“WHAT BETTER WAY to start talking about this artist and his work than to see him standing in front of his painting of his family.“

– Doris Palca

Family and friends have always been the focus of Fioretti’s work. Is it because they are available or because it is a challenge to represent them with understanding and sympathy? Family members appear and reappear with continuing skill and a confidence that makes us see them differently. Portrayed realistically, the sitters occupy space, they are part of their context. Their attitudes and belongings stimulate the artist. Sometimes it is a ring, a mirror, a shower, eyeglasses that make us look twice and wonder why.

Our artist has also moved beyond his own environment into the street, sometimes through a window, sometimes at ground level. In an early interview the artist said, “Sometimes I dream ideas.” If his interiors are full of secrets his exteriors seem more surreal and dreamlike. How else to understand the bundle of rags in a doorway that turns into a body with belongings strewn about.

Here reality is married to imagination, technique, and surprise. How to make the facade of a neighborhood building as compelling as his portraits. What about a daring combination of interior and exterior? How curious to see a fire escape cutting its way across the background of a beautiful young woman? Or Lee, whose reflection is on the same plane as the curtain floating in the open window.

What Fioretti’s pictures tell us is that he keeps thinking, dreaming, evolving. The skill of his hand and the use of new tools have developed along with his need to represent both the world around him and reach into his subconscious.

Joey wears a hat in a recent self-portrait.
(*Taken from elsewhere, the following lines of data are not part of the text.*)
-- ===== src/Sm2/Hostnames/Labels.antt =====
-- The labels of a host name, and the name that they make.
use gmsm.Common.{
  ℕ, ◌≡◌, refl, sym, ap, ap₂, ◌∙◌, List, [], ◌∷◌, ◌++◌, ◌==◌, ==_iff, if◌then◌else◌, Bool, true,
  false, Bool-cases, inl, inr, All,
}
use gmsm.Sm2.Hostnames.{dot, onto_first, split_dots}

-- Each label behind a dot.
unfoldable pub behind_dots : List (List ℕ) → List ℕ
behind_dots [] = []
behind_dots (part ∷ parts) = dot ∷ (part ++ behind_dots parts)

-- The name of labels.
unfoldable pub joined : List (List ℕ) → List ℕ
joined [] = []
joined (part ∷ parts) = part ++ behind_dots parts

joined-onto_first : (c : ℕ) (parts : List (List ℕ)) → joined (onto_first c parts) ≡ c ∷ joined parts
unfolding joined onto_first behind_dots
joined-onto_first c [] = refl
joined-onto_first c (part ∷ parts) = refl

-- A name has a first label, without a dot, and others.
pub record Split (s : List ℕ) : Type 0 where
  pub part : List ℕ
  pub parts : List (List ℕ)
  pub whole : split_dots s ≡ part ∷ parts
  pub plain : All (λ c. (c == dot) ≡ false) part

pub split_lem : (s : List ℕ) → Split s
unfolding split_dots onto_first
split_lem [] = record { part = []; parts = []; whole = refl; plain = tt }
split_lem (c ∷ s) =
    let rest = split_lem s in
    elim (Bool-cases (c == dot)) [
      | inl e ↦ record {
        part = [];
        parts = split_dots s;
        whole = ap (λ (b : Bool). if b then [] ∷ split_dots s else onto_first c (split_dots s)) e;
        plain = tt;
      }
      | inr e ↦ record {
        part = c ∷ rest.part;
        parts = rest.parts;
        whole =
            ap (λ (b : Bool). if b then [] ∷ split_dots s else onto_first c (split_dots s)) e
            ∙ ap (onto_first c) rest.whole;
        plain = (e, rest.plain);
      }
    ]

-- The labels of a name make the name.
pub joined-split_dots : (s : List ℕ) → joined (split_dots s) ≡ s
unfolding joined split_dots behind_dots
joined-split_dots [] = refl
joined-split_dots (c ∷ s) =
    let rest = split_lem s in
    let again = joined-split_dots s in
    elim (Bool-cases (c == dot)) [
      | inl e ↦
          ap (λ (b : Bool). joined (if b then [] ∷ split_dots s else onto_first c (split_dots s))) e
          ∙ ap (λ (l : List (List ℕ)). behind_dots l) rest.whole
          ∙ ap₂ (λ (d : ℕ) (t : List ℕ). d ∷ t) (sym ((==_iff c dot).0 e))
              (ap joined (sym rest.whole) ∙ again)
      | inr e ↦
          ap (λ (b : Bool). joined (if b then [] ∷ split_dots s else onto_first c (split_dots s))) e
          ∙ joined-onto_first c (split_dots s)
          ∙ ap (λ (t : List ℕ). c ∷ t) again
    ]

-- The labels of what stands behind a first label.
unfoldable pub tail_parts : List ℕ → List (List ℕ)
tail_parts [] = []
tail_parts (c ∷ s) = split_dots s

-- Nothing, or something with a dot in front.
unfoldable pub IsTail : List ℕ → Type 0
IsTail [] = Unit
IsTail (c ∷ s) = (c == dot) ≡ true

pub split_dots-append :
    (label tail : List ℕ)
    → All (λ c. (c == dot) ≡ false) label
    → IsTail tail
    → split_dots (label ++ tail) ≡ label ∷ tail_parts tail
unfolding split_dots onto_first tail_parts IsTail
split_dots-append [] [] plain h = refl
split_dots-append [] (c ∷ s) plain h =
    ap (λ (b : Bool). if b then [] ∷ split_dots s else onto_first c (split_dots s)) h
split_dots-append (c ∷ label) tail (e, plain) h =
    ap
      (λ (b : Bool).
        if b then [] ∷ split_dots (label ++ tail) else onto_first c (split_dots (label ++ tail)))
      e
    ∙ ap (onto_first c) (split_dots-append label tail plain h)

pub behind_dots-IsTail : (parts : List (List ℕ)) → IsTail (behind_dots parts)
unfolding IsTail behind_dots
behind_dots-IsTail [] = tt
behind_dots-IsTail (part ∷ parts) = refl
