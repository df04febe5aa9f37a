-- ===== src/Sm2/Hostnames/Match.antt =====
-- What `matchHostnames` accepts.
use gmsm.Common.{
  ℕ, ◌<◌, ◌≡◌, ◌↔◌, ◌⊎◌, refl, sym, ap, ap₂, ◌∙◌, List, [], ◌∷◌, ◌++◌, length, ◌==◌, ==_iff,
  if◌then◌else◌, Bool, true, false, not, ◌&&◌, ◌||◌, Bool-cases, inl, inr, All, arith,
}
use gmsm.Sm2.Encryption.{equal_bytes}
use gmsm.Sm2.Sealed.{equal_refl, equal_sound}
use gmsm.Sm2.Hostnames.{dot, star, trim_dot, split_dots, match_parts, match_hostnames}
use gmsm.Sm2.Hostnames.Labels.{
  behind_dots, joined, split_lem, joined-split_dots, tail_parts, IsTail, split_dots-append,
  behind_dots-IsTail,
}

-- A test that fails where its guard holds.
guarded : (b x : Bool) → (if b then false else x) ≡ true → (b ≡ false) × (x ≡ true)
guarded true x h = absurd (ground arith)
guarded false x h = (refl, h)

false_of_not : (b : Bool) → not b ≡ false → b ≡ true
false_of_not true h = refl
false_of_not false h = absurd (ground arith)

-- Behind the first index the parts are compared.
same_parts :
    (ps hs : List (List ℕ)) → length ps ≡ length hs → match_parts false ps hs ≡ true → ps ≡ hs
unfolding match_parts
same_parts [] [] size h = refl
same_parts [] (x ∷ hs) size h = absurd (omega arith)
same_parts (p ∷ ps) [] size h = absurd (omega arith)
same_parts (p ∷ ps) (x ∷ hs) size h =
    let (first, rest) = guarded (not (equal_bytes p x)) (match_parts false ps hs) h in
    ap₂ (λ (q : List ℕ) (qs : List (List ℕ)). q ∷ qs)
      (equal_sound p x (false_of_not (equal_bytes p x) first)) (same_parts ps hs (omega arith) rest)

either : (b x y : Bool) → x ≡ true → y ≡ true → (if b then x else y) ≡ true
either true x y hx hy = hx
either false x y hx hy = hy

match_self : (first : Bool) (ps : List (List ℕ)) → match_parts first ps ps ≡ true
unfolding match_parts
match_self first [] = refl
match_self first (p ∷ ps) =
    let rest = match_self false ps in
    let same : (if not (equal_bytes p p) then false else match_parts false ps ps) ≡ true =
      ap (λ (b : Bool). if not b then false else match_parts false ps ps) (equal_refl p) ∙ rest in
    either (first && equal_bytes p (star ∷ [])) (match_parts false ps ps)
      (if not (equal_bytes p p) then false else match_parts false ps ps) rest same

-- The pattern is a star in the place of the first label of the host.
unfoldable pub Wildcard : List ℕ → List ℕ → Type 0
Wildcard p h =
    (label : List ℕ) × ((tail : List ℕ) × (p ≡ star ∷ tail)
      × (h ≡ label ++ tail)
      × All (λ c. (c == dot) ≡ false) label
      × IsTail tail)

matched :
    (p h : List ℕ)
    → length (split_dots p) ≡ length (split_dots h)
    → match_parts true (split_dots p) (split_dots h) ≡ true
    → (p ≡ h) ⊎ Wildcard p h
unfolding match_parts Wildcard joined
matched p h size m =
    let pat = split_lem p in
    let name = split_lem h in
    let parts : length pat.parts ≡ length name.parts = omega (
      arith,
      size,
      ap (λ (l : List (List ℕ)). length l) pat.whole,
      ap (λ (l : List (List ℕ)). length l) name.whole,
    ) in
    let whole : match_parts true (pat.part ∷ pat.parts) (name.part ∷ name.parts) ≡ true =
      sym (ap₂ (match_parts true) pat.whole name.whole) ∙ m in
    let rest = match_parts false pat.parts name.parts in
    let compared = if not (equal_bytes pat.part name.part) then false else rest in
    let p_is = sym (joined-split_dots p) ∙ ap joined pat.whole in
    let h_is = sym (joined-split_dots h) ∙ ap joined name.whole in
    elim (Bool-cases (equal_bytes pat.part (star ∷ []))) [
      | inl e ↦
          let tails =
            same_parts pat.parts name.parts parts
              (sym (ap (λ (b : Bool). if b then rest else compared) e) ∙ whole) in
          inr (
            name.part,
            (
              behind_dots pat.parts,
              p_is
                  ∙ ap (λ (l : List ℕ). l ++ behind_dots pat.parts)
                      (equal_sound pat.part (star ∷ []) e),
              h_is ∙ ap (λ (l : List (List ℕ)). name.part ++ behind_dots l) (sym tails),
              name.plain,
              behind_dots-IsTail pat.parts,
            ),
          )
      | inr e ↦
          let (first, later) =
            guarded (not (equal_bytes pat.part name.part)) rest
              (sym (ap (λ (b : Bool). if b then rest else compared) e) ∙ whole) in
          let tails = same_parts pat.parts name.parts parts later in
          let heads =
            equal_sound pat.part name.part (false_of_not (equal_bytes pat.part name.part) first) in
          inl (
            p_is
            ∙ ap₂ (λ (l : List ℕ) (ls : List (List ℕ)). l ++ behind_dots ls) heads tails
            ∙ sym h_is)
    ]

-- A wildcard is matched.
Wildcard-parts :
    (p h : List ℕ)
    → Wildcard p h
    → (length (split_dots p) ≡ length (split_dots h))
      × (match_parts true (split_dots p) (split_dots h) ≡ true)
unfolding Wildcard match_parts equal_bytes
Wildcard-parts p h (label, (tail, p_is, h_is, plain, behind)) =
    let pat : split_dots p ≡ (star ∷ []) ∷ tail_parts tail =
      ap split_dots p_is ∙ split_dots-append (star ∷ []) tail (refl, tt) behind in
    let name : split_dots h ≡ label ∷ tail_parts tail =
      ap split_dots h_is ∙ split_dots-append label tail plain behind in
    (
      ap (λ (l : List (List ℕ)). length l) pat ∙ sym (ap (λ (l : List (List ℕ)). length l) name),
      ap₂ (match_parts true) pat name ∙ match_self false (tail_parts tail),
    )

filled : (a b : ℕ) → ((a == 0) || (b == 0)) ≡ false → (0 < a) × (0 < b)
filled a b h = ground arith

unfilled : (a b : ℕ) → 0 < a → 0 < b → ((a == 0) || (b == 0)) ≡ false
unfilled a b ha hb = ground arith

-- `matchHostnames` answers true exactly where, without a dot at their ends, neither the pattern nor
-- the host is empty, and the pattern is the host, or the pattern is a star and some rest, and the
-- host a label without a dot and the same rest, which is empty or begins with a dot.
pub match_hostnames_iff :
    (pattern host : List ℕ)
    → (match_hostnames pattern host ≡ true) ↔ (
        (0 < length (trim_dot pattern))
        × (0 < length (trim_dot host))
        × ((trim_dot pattern ≡ trim_dot host) ⊎ Wildcard (trim_dot pattern) (trim_dot host)))
unfolding match_hostnames
match_hostnames_iff pattern host = (forward, backward)
  where
    p : List ℕ
    p = trim_dot pattern

    h : List ℕ
    h = trim_dot host

    m : Bool
    m = match_parts true (split_dots p) (split_dots h)

    compared : Bool
    compared = if not (length (split_dots p) == length (split_dots h)) then false else m

    forward :
        match_hostnames pattern host ≡ true
        → (0 < length p) × (0 < length h) × ((p ≡ h) ⊎ Wildcard p h)
    forward e =
        let (full, some_parts) = guarded ((length p == 0) || (length h == 0)) compared e in
        let (size, all) =
          guarded (not (length (split_dots p) == length (split_dots h))) m some_parts in
        let sizes =
          (==_iff (length (split_dots p)) (length (split_dots h))).0 (false_of_not _ size) in
        let (hp, hh) = filled (length p) (length h) full in (hp, hh, matched p h sizes all)

    parts_match :
        (p ≡ h) ⊎ Wildcard p h → (length (split_dots p) ≡ length (split_dots h)) × (m ≡ true)
    parts_match (inl e) = (
      ap (λ (s : List ℕ). length (split_dots s)) e,
      ap (λ (s : List ℕ). match_parts true (split_dots s) (split_dots h)) e
          ∙ match_self true (split_dots h),
    )
    parts_match (inr w) = Wildcard-parts p h w

    backward :
        (0 < length p) × (0 < length h) × ((p ≡ h) ⊎ Wildcard p h)
        → match_hostnames pattern host ≡ true
    backward (hp, hh, either_way) =
        let (sizes, all) = parts_match either_way in
        ap (λ (b : Bool). if b then false else compared) (unfilled (length p) (length h) hp hh)
        ∙ ap (λ (b : Bool). if not b then false else m) ((==_iff _ _).1 sizes)
        ∙ all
My hat is in the air as a salute to the power of these pictures.

– Doris Palca


Joey's paintings are bereavingly beautiful to me, even the ones that shock or disturb. I’m always overwhelmed by how his paintings breathe into the room, so alive to me, I never forget them, nor would I want to. He paints with the eyes of a poet and the hands of a thief who steals from no one, he never falls off the tightrope he's strung up for himself. I want to live long enough to be painted by Fioretti.

— Sam Kashner / Writer -at-Large


As painters, singers, filmmakers, actors, dancers, who have used our art in the service of sustaining freedom and justice in decades past, we must come to terms with the fact that we have never faced a challenge so grave and a time so dangerous, as the one in which we are presently living.
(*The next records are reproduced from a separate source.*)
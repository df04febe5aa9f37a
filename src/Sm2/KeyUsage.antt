-- ===== src/Sm2/KeyUsage.antt =====
-- sm2/verify.go: `checkChainForKeyUsage`, with the usages of sm2/x509.go by their numbers. A usage
-- that has been crossed out (`invalidUsage`) is `none`.
pub mod Permits
pub mod Chain
use gmsm.Common.{
  ℕ, zero, suc, ◌+◌, ◌-◌, List, [], ◌∷◌, length, ◌==◌, if◌then◌else◌, Bool, true, false, ◌&&◌, ◌||◌,
  Option, none, some, map,
}
use mathlib.Core.List.{reverse}

abbrev pub ext_key_usage_any : ℕ
ext_key_usage_any = 0

abbrev pub ext_key_usage_server_auth : ℕ
ext_key_usage_server_auth = 1

abbrev pub ext_key_usage_microsoft_server_gated_crypto : ℕ
ext_key_usage_microsoft_server_gated_crypto = 10

abbrev pub ext_key_usage_netscape_server_gated_crypto : ℕ
ext_key_usage_netscape_server_gated_crypto = 11

-- The usages of a certificate, and the object identifiers of those that are not known.
pub record UsageCertificate : Type 0 where
  pub ext_key_usage : List ℕ
  pub unknown_ext_key_usage : List (List ℕ)

-- The loop that looks for `ExtKeyUsageAny`.
unfoldable pub has_any : List ℕ → Bool
has_any [] = false
has_any (usage ∷ rest) = if usage == ext_key_usage_any then true else has_any rest

-- Whether the code goes on with the next certificate at once.
unfoldable pub unrestricted : UsageCertificate → Bool
unrestricted cert =
    if length cert.ext_key_usage == 0 && length cert.unknown_ext_key_usage == 0
    then true
    else has_any cert.ext_key_usage

-- The innermost loop: whether a usage of the certificate serves for the one requested.
unfoldable pub supports : List ℕ → ℕ → Bool
supports [] requested = false
supports (usage ∷ rest) requested =
    if requested == usage
    then true
    else if requested == ext_key_usage_server_auth
        && (usage == ext_key_usage_netscape_server_gated_crypto
            || usage == ext_key_usage_microsoft_server_gated_crypto)
    then true
    else supports rest requested

-- A usage in front of the result of the loop behind it.
unfoldable pub behind : Option ℕ → Option (List (Option ℕ) × ℕ) → Option (List (Option ℕ) × ℕ)
behind usage none = none
behind usage (some (left, n)) = some (usage ∷ left, n)

-- The loop over the requested usages: those left and their number, or nothing where none remains
-- and the code returns.
unfoldable pub cross_out : List ℕ → List (Option ℕ) → ℕ → Option (List (Option ℕ) × ℕ)
cross_out usages [] remaining = some ([], remaining)
cross_out usages (none ∷ rest) remaining = behind none (cross_out usages rest remaining)
cross_out usages (some requested ∷ rest) remaining =
    let kept = cross_out usages rest remaining in
    let crossed = cross_out usages rest (remaining - 1) in
    if supports usages requested
    then behind (some requested) kept
    else if remaining - 1 == 0
    then none
    else behind none crossed

-- The walk over the certificates, the last one of the chain first.
unfoldable pub walk : List UsageCertificate → List (Option ℕ) → ℕ → Bool
walk [] usages remaining = true
walk (cert ∷ certs) usages remaining =
    if unrestricted cert
    then walk certs usages remaining
    else (elim (cross_out cert.ext_key_usage usages remaining) [
      | none ↦ false
      | some (left, n) ↦ walk certs left n
    ])

unfoldable pub check_chain_for_key_usage : List UsageCertificate → List ℕ → Bool
check_chain_for_key_usage chain key_usages =
    let accepted = walk (reverse chain) (map (λ u. some u) key_usages) (length key_usages) in
    if length chain == 0 then false else accepted
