-- ===== src/Sm2/KeyUsage/Permits.antt =====
-- When `checkChainForKeyUsage` takes a usage for permitted, apart from its code, and that the tests of
-- the code say the same.
use gmsm.Common.{
  ℕ, ◌≡◌, refl, ap₂, ◌∙◌, List, [], ◌∷◌, length, arith, ◌==◌, if◌then◌else◌, Bool, true, false,
  ◌&&◌, ◌||◌, Bool-cases, inl, inr, Option, none, some, map,
}
use gmsm.Sm2.KeyUsage.{UsageCertificate, has_any, unrestricted, supports}

-- Whether a list has a usage.
unfoldable pub lists : List ℕ → ℕ → Bool
lists [] usage = false
lists (u ∷ usages) usage = (u == usage) || lists usages usage

unfoldable pub is_empty : {A : Type 0} → List A → Bool
is_empty [] = true
is_empty (x ∷ xs) = false

-- Whether a certificate permits a usage: it states none at all, or it lists any usage (0) or the
-- usage, or the usage is that of a TLS server (1) and it lists one of the two server gated
-- cryptographies (10 and 11).
unfoldable pub permits : UsageCertificate → ℕ → Bool
permits cert usage =
    let listed = cert.ext_key_usage in
    ((is_empty listed && is_empty cert.unknown_ext_key_usage) || lists listed 0)
    || (lists listed usage || ((usage == 1) && (lists listed 10 || lists listed 11)))

unfoldable pub all_permit : List UsageCertificate → ℕ → Bool
all_permit [] usage = true
all_permit (cert ∷ certs) usage = permits cert usage && all_permit certs usage

-- Whether a usage of the list is permitted by all.
unfoldable pub any_permitted : List UsageCertificate → List ℕ → Bool
any_permitted certs [] = false
any_permitted certs (usage ∷ usages) = all_permit certs usage || any_permitted certs usages

has_any-lists : (listed : List ℕ) → has_any listed ≡ lists listed 0
unfolding has_any lists
has_any-lists [] = refl
has_any-lists (u ∷ listed) = elim (Bool-cases (u == 0)) [
  | inl e ↦ rw e refl
  | inr e ↦ rw e (has_any-lists listed)
]

empty_length : {A : Type 0} (xs : List A) → (length xs == 0) ≡ is_empty xs
unfolding is_empty
empty_length [] = refl
empty_length (x ∷ xs) = ground arith

if_or : (b c : Bool) → (if b then true else c) ≡ (b || c)
if_or true c = refl
if_or false c = refl

unrestricted_lem :
    (cert : UsageCertificate)
    → unrestricted cert ≡ (
        (is_empty cert.ext_key_usage && is_empty cert.unknown_ext_key_usage)
        || lists cert.ext_key_usage 0)
unfolding unrestricted
unrestricted_lem cert =
    if_or (length cert.ext_key_usage == 0 && length cert.unknown_ext_key_usage == 0)
      (has_any cert.ext_key_usage)
    ∙ ap₂ ◌||◌
        (ap₂ ◌&&◌ (empty_length cert.ext_key_usage) (empty_length cert.unknown_ext_key_usage))
        (has_any-lists cert.ext_key_usage)

-- A turn of the innermost loop in Boolean terms.
turn_or :
    (a o n m l l10 l11 : Bool)
    → (if a then true else if o && (n || m) then true else (l || (o && (l10 || l11))))
      ≡ ((a || l) || (o && ((m || l10) || (n || l11))))
turn_or true o n m l l10 l11 = refl
turn_or false false n m l l10 l11 = refl
turn_or false true true m true l10 l11 = refl
turn_or false true true true false l10 l11 = refl
turn_or false true true false false true l11 = refl
turn_or false true true false false false l11 = refl
turn_or false true false true true l10 l11 = refl
turn_or false true false true false l10 l11 = refl
turn_or false true false false l l10 l11 = refl

==_sym : (m n : ℕ) → (m == n) ≡ (n == m)
==_sym m n = ground arith

supports-lists :
    (listed : List ℕ) (usage : ℕ)
    → supports listed usage
      ≡ (lists listed usage || ((usage == 1) && (lists listed 10 || lists listed 11)))
unfolding supports lists
supports-lists [] usage = elim (Bool-cases (usage == 1)) [ inl e ↦ rw e refl | inr e ↦ rw e refl ]
supports-lists (u ∷ listed) usage =
    rw (supports-lists listed usage, ==_sym usage u)
      (turn_or (u == usage) (usage == 1) (u == 11) (u == 10) (lists listed usage) (lists listed 10)
        (lists listed 11))

-- The tests of the code are those of `permits`.
abbrev pub accepts : UsageCertificate → ℕ → Bool
accepts cert usage = unrestricted cert || supports cert.ext_key_usage usage

accepts-permits : (cert : UsageCertificate) (usage : ℕ) → accepts cert usage ≡ permits cert usage
unfolding permits
accepts-permits cert usage =
    ap₂ ◌||◌ (unrestricted_lem cert) (supports-lists cert.ext_key_usage usage)

unfoldable pub all_accept : List UsageCertificate → ℕ → Bool
all_accept [] usage = true
all_accept (cert ∷ certs) usage = accepts cert usage && all_accept certs usage

-- Whether a usage that is left is accepted by all.
unfoldable pub any_accepted : List UsageCertificate → List (Option ℕ) → Bool
any_accepted certs [] = false
any_accepted certs (none ∷ usages) = any_accepted certs usages
any_accepted certs (some usage ∷ usages) = all_accept certs usage || any_accepted certs usages

all_accept-all_permit :
    (certs : List UsageCertificate) (usage : ℕ) → all_accept certs usage ≡ all_permit certs usage
unfolding all_accept all_permit
all_accept-all_permit [] usage = refl
all_accept-all_permit (cert ∷ certs) usage =
    ap₂ ◌&&◌ (accepts-permits cert usage) (all_accept-all_permit certs usage)

pub any_accepted-any_permitted :
    (certs : List UsageCertificate) (usages : List ℕ)
    → any_accepted certs (map (λ u. some u) usages) ≡ any_permitted certs usages
unfolding any_accepted any_permitted
any_accepted-any_permitted certs [] = refl
any_accepted-any_permitted certs (usage ∷ usages) =
    ap₂ ◌||◌ (all_accept-all_permit certs usage) (any_accepted-any_permitted certs usages)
Bravo to Joe and all who are supporting this effort. My hope is that this exhibition, a huge personal commitment on Joe’s part, to Ukraine’s defense of itself, and to nothing less than its continued existence – will inspire others from all walks of life who might otherwise say, “What can I do? I’m one person.”

Each of us is only one artist, only one person. And each of us holds the fate of the world in our hands.

— Peter Yarrow / Musician, Activist


I have been fortunate enough to know Joey for over fifty years. In that time, he has proven himself to be an accomplished ballet dancer and performer, a successful producer, gifted artist, loyal friend, and pasta-maker extraordinaire!

I could not be prouder of the creativity and dedication of his new artwork and his generous support of the people of Ukraine.

— MICHAEL DOUGLAS


“If you like it, and you can afford it, buy it”.

That was the guidance given to me at 21 years of age by Walter Brimson, my first wife’s grandfather. Back in the days when I knew him, he was head of the largest independent bank west of the Mississippi.

Walter Brimson had a great art collection, it was something to be admired, and I aspired to…well, if nothing else…to get started in a life-long hobby of collecting art. His counsel was solicited.

“If you like it, and you can afford it, buy it”.

Fioretti’s art more than falls into that category, for not only do I like his work, so does Sharon Gless, my spouse of over thirty years. In fact, regarding his latest series of urban landscapes we actually love them.

“If you like it, and you can afford it, buy it.” Turns out you can get into some trouble with that kind of advice, but it is “good trouble.” Keep painting, Joey, there are empty walls everywhere.

— BARNEY ROSENZWEIG


From the moment a man named Fioretti walked into my class at the Art Students League of New York, it has been a learning experience for both of us. It has been an honor to know him as a human being as well as an artist.

”It is only when what can be taught is working in perfect harmony with what cannot be taught that a work of art results.” Harold Speed, 1873.

A truly great work of art expresses something that cannot be described in words. Fioretti’s images must be seen.

As you turn the pages of this book be prepared to be surprised. Each is startling. Some are shocking. The Self-portraits are soul searching. The portraits are honest and caring. The still lives are elegant. All are unforgettable. Fioretti has the eye of true artist.

— Sherry Camhy


Joe entered my late afternoon Class at the Art Students League of New York, recommended by the master artist Sigmund Abeles who recognized Joe's enormous potential.  Initially, Joe was restless and dissatisfied observing and drawing the posed model, but he quickly settled into a focused and relentless search for the model's soul.  Never content to achieve a technical rendering of a figure, a city scene or a vase of sunflowers, Joe is a creative thinker and has always been most interested in producing a  narrative within each piece. He uses preliminary drawings as studies to help him previsualize his concepts, and then devotes many hours of total immersion to capture the essence of his subjects.